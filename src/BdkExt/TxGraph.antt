-- ===== src/BdkExt/TxGraph.antt =====
-- examples/bdk_mempool/src/async_ext.rs: `update_tx_graph` as a whole. `TxGraph` of `bdk_chain`,
-- the transactions that it holds and the client of the REST server are parameters; a keychain is a
-- number, and the keychains come in ascending order.
pub mod Refresh
pub mod Outpoints
pub mod Scanned
pub mod Keychains
pub mod Failure
pub mod Ends
pub mod Complete
mod Tests
use mwck_rs.Prelude.{
  ℕ, zero, suc, ◌-◌, ◌^◌, Bool, true, false, not, Option, none, some, List, [], ◌∷◌, ltb,
  if◌then◌else◌, take, drop, select,
}
use mwck_rs.HashMap.{Map}
use mwck_rs.Esplora.{ScriptBuf, Txid, TxStatus, Tx}
use mwck_rs.Api.{Result, ok, err}
use mwck_rs.BdkExt.{ConfirmationTimeAnchor, anchor_from_status, Graph, insert_some_anchor, scan}
use mwck_rs.BdkExt.SortedMap.{put}
use mwck_rs.BdkExt.Scan.{unlimited, enumerate}

-- The calls of `TxGraph`: `has_tx` is `get_tx(..).is_some()`.
pub record TxGraph (T G : Type 0) : Type 0 where
  pub to_tx : Tx → T
  pub insert_tx : T → G → G
  pub insert_anchor : Txid → ConfirmationTimeAnchor → G → G
  pub has_tx : Txid → G → Bool
  pub empty : G

pub record OutPoint : Type 0 where
  pub txid : Txid
  pub vout : ℕ

-- The calls of the client; of an output's status only the spending txid is read.
pub record TxClient (T E : Type 0) : Type 0 where
  pub confirmed_txs : ScriptBuf → Result E (List Tx)
  pub get_tx : Txid → Result E (Option T)
  pub get_tx_status : Txid → Result E TxStatus
  pub get_output_status : Txid → ℕ → Result E (Option (Option Txid))

-- `?` on a result, and what follows.
abbrev pub and_ok {ℓ} : {E A B : Type ℓ} → Result E A → (A → Result E B) → Result E B
and_ok (ok a) f = f a
and_ok (err e) f = err e

module _ {T G E : Type 0} (ops : TxGraph T G) (client : TxClient T E) where
  abbrev pub scanned : Graph G
  scanned = record {
    insert_tx = λ tx graph. ops.insert_tx (ops.to_tx tx) graph;
    insert_anchor = ops.insert_anchor;
  }

  unfoldable pub insert_last : ℕ → Option ℕ → Map ℕ → Map ℕ
  insert_last keychain none last = last
  insert_last keychain (some index) last = put keychain index last

  -- The loop over the keychains: the graph, and `last_active_indexes`.
  unfoldable pub scan_keychains :
      ℕ → List (ℕ × List (ℕ × ScriptBuf)) → G → Map ℕ → Result E (G × Map ℕ)
  scan_keychains stop_gap [] graph last = ok (graph, last)
  scan_keychains stop_gap ((keychain, spks) ∷ keychains) graph last =
      and_ok (scan scanned client.confirmed_txs stop_gap spks graph none)
        (λ r. scan_keychains stop_gap keychains r.0 (insert_last keychain r.1 last))

  -- `try_collect` of the requests of a chunk, in their order.
  unfoldable pub fetch_statuses : List Txid → Result E (List (Txid × TxStatus))
  fetch_statuses [] = ok []
  fetch_statuses (txid ∷ txids) =
      and_ok (client.get_tx_status txid)
        (λ status. and_ok (fetch_statuses txids) (λ statuses. ok ((txid, status) ∷ statuses)))

  unfoldable pub insert_anchors : List (Txid × TxStatus) → G → G
  insert_anchors [] graph = graph
  insert_anchors ((txid, status) ∷ statuses) graph =
      insert_anchors statuses (insert_some_anchor scanned txid (anchor_from_status status) graph)

  -- The txids of a chunk that are asked for.
  abbrev pub missing_of : List Txid → G → List Txid
  missing_of txids graph = select (λ txid. not (ops.has_tx txid graph)) txids

  -- The loop over the txids, on fuel: a unit for each chunk; `none` is out of fuel.
  unfoldable pub refresh : ℕ → ℕ → List Txid → G → Option (Result E G)
  refresh zero parallel txids graph = none
  refresh (suc fuel) parallel txids graph = elim (missing_of (take parallel txids) graph) [
    | [] ↦ some (ok graph)
    | txid ∷ missing ↦ elim (fetch_statuses (txid ∷ missing)) [
      | err e ↦ some (err e)
      | ok statuses ↦ refresh fuel parallel (drop parallel txids) (insert_anchors statuses graph)
    ]
  ]

  abbrev pub insert_some_tx : Option T → G → G
  insert_some_tx none graph = graph
  insert_some_tx (some tx) graph = ops.insert_tx tx graph

  -- The block under `graph.get_tx(txid).is_none()`, which stands twice in the loop.
  unfoldable pub fetch_missing : Txid → G → Result E G
  fetch_missing txid graph =
      if ops.has_tx txid graph
      then ok graph
      else and_ok (client.get_tx txid) (λ tx. and_ok (client.get_tx_status txid) (λ status.
        ok (insert_some_anchor scanned txid (anchor_from_status status) (insert_some_tx tx graph))))

  unfoldable pub fetch_spender : Option (Option Txid) → G → Result E G
  fetch_spender none graph = ok graph
  fetch_spender (some none) graph = ok graph
  fetch_spender (some (some txid)) graph = fetch_missing txid graph

  unfoldable pub fetch_outpoint : OutPoint → G → Result E G
  fetch_outpoint op graph = and_ok (fetch_missing op.txid graph) (λ graph'.
      and_ok (client.get_output_status op.txid op.vout) (λ status. fetch_spender status graph'))

  -- The loop over the outpoints.
  unfoldable pub fetch_outpoints : List OutPoint → G → Result E G
  fetch_outpoints [] graph = ok graph
  fetch_outpoints (op ∷ outpoints) graph =
      and_ok (fetch_outpoint op graph) (λ graph'. fetch_outpoints outpoints graph')

  -- What follows the loop over the txids.
  unfoldable pub after_refresh :
      List OutPoint → Map ℕ → Option (Result E G) → Option (Result E (G × Map ℕ))
  after_refresh outpoints last none = none
  after_refresh outpoints last (some r) =
      some
        (and_ok r (λ graph. and_ok (fetch_outpoints outpoints graph) (λ graph'. ok (graph', last))))

  unfoldable pub after_scan :
      ℕ → List Txid → List OutPoint → ℕ → Result E (G × Map ℕ) → Option (Result E (G × Map ℕ))
  after_scan fuel txids outpoints parallel (err e) = some (err e)
  after_scan fuel txids outpoints parallel (ok (graph, last)) =
      after_refresh outpoints last (refresh fuel parallel txids graph)

  unfoldable pub update_tx_graph :
      ℕ
      → List (ℕ × List (ℕ × ScriptBuf))
      → List Txid
      → List OutPoint
      → ℕ
      → ℕ
      → Option (Result E (G × Map ℕ))
  update_tx_graph fuel keychain_spks txids outpoints stop_gap parallel_requests =
      after_scan fuel txids outpoints (if ltb parallel_requests 1 then 1 else parallel_requests)
        (scan_keychains stop_gap keychain_spks ops.empty [])

  -- `.map(|(g, _)| g)`
  unfoldable pub graph_only : Option (Result E (G × Map ℕ)) → Option (Result E G)
  graph_only none = none
  graph_only (some r) = some (and_ok r (λ p. ok p.0))

  unfoldable pub update_tx_graph_without_keychain :
      ℕ → List ScriptBuf → List Txid → List OutPoint → ℕ → Option (Result E G)
  update_tx_graph_without_keychain fuel misc_spks txids outpoints parallel_requests = graph_only (
      update_tx_graph fuel ((0, enumerate 0 misc_spks) ∷ []) txids outpoints unlimited
        parallel_requests)
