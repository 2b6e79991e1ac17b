-- ===== src/AsyncClient/Delegated.antt =====
-- src/async_client.rs: the calls of `MempoolAsync` that `delegate!` hands to the REST client of its
-- wallet, those that examples/bdk_mempool makes, and that client behind the error of the wallet.
use mwck_rs.Prelude.{ℕ, Option, none, some, List, map}
use mwck_rs.Esplora.{ScriptBuf, Txid, TxStatus, Tx}
use mwck_rs.Api.{Result, ok, err}
use mwck_rs.Wallet.Sync.{Error, esplora_error}
use mwck_rs.BdkExt.Chain.{BlockClient}
use mwck_rs.BdkExt.TxGraph.{TxClient}

-- `OutputStatus`, of which the spending txid is read, and `BlockSummary`, of which the hash is.
pub record OutputStatus : Type 0 where
  pub txid : Option Txid

pub record BlockSummary : Type 0 where
  pub id : ℕ

-- The calls of `esplora_client::AsyncClient`; `T` are its transactions and `E` its errors.
pub record EsploraClient (T E : Type 0) : Type 0 where
  pub get_tx : Txid → Result E (Option T)
  pub get_tx_status : Txid → Result E TxStatus
  pub get_output_status : Txid → ℕ → Result E (Option OutputStatus)
  pub broadcast : T → Result E (Unit {0})
  pub get_height : Result E ℕ
  pub get_block_hash : ℕ → Result E ℕ
  pub get_blocks : Option ℕ → Result E (List BlockSummary)

-- `?` from the error of the client to that of the wallet.
unfoldable pub from_esplora : {E A : Type 0} → Result E A → Result (Error E) A
from_esplora (ok a) = ok a
from_esplora (err e) = err (esplora_error e)

-- `get_output_status` as the extension reads it.
unfoldable pub spending_txid :
    {E : Type 0} → Result E (Option OutputStatus) → Result E (Option (Option Txid))
spending_txid (err e) = err e
spending_txid (ok none) = ok none
spending_txid (ok (some status)) = ok (some status.txid)

unfoldable pub block_hashes : {E : Type 0} → Result E (List BlockSummary) → Result E (List ℕ)
block_hashes (err e) = err e
block_hashes (ok blocks) = ok (map (λ b. b.id) blocks)

module _ {T E : Type 0} (client : EsploraClient T E) where
  -- What the extension asks of the client for the graph, but for the histories.
  unfoldable pub tx_client : (ScriptBuf → Result (Error E) (List Tx)) → TxClient T (Error E)
  tx_client confirmed_txs = record {
    confirmed_txs = confirmed_txs;
    get_tx = λ txid. from_esplora (client.get_tx txid);
    get_tx_status = λ txid. from_esplora (client.get_tx_status txid);
    get_output_status =
        λ txid vout. from_esplora (spending_txid (client.get_output_status txid vout));
  }

  -- And for the chain.
  unfoldable pub block_client : BlockClient (Error E)
  block_client = record {
    get_height = from_esplora client.get_height;
    get_blocks = λ height. from_esplora (block_hashes (client.get_blocks (some height)));
    get_block_hash = λ height. from_esplora (client.get_block_hash height);
  }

---

Task goal: Work out how many lines in the records above contain the word "BlockSummary", and give only that number.

Output for this task: 4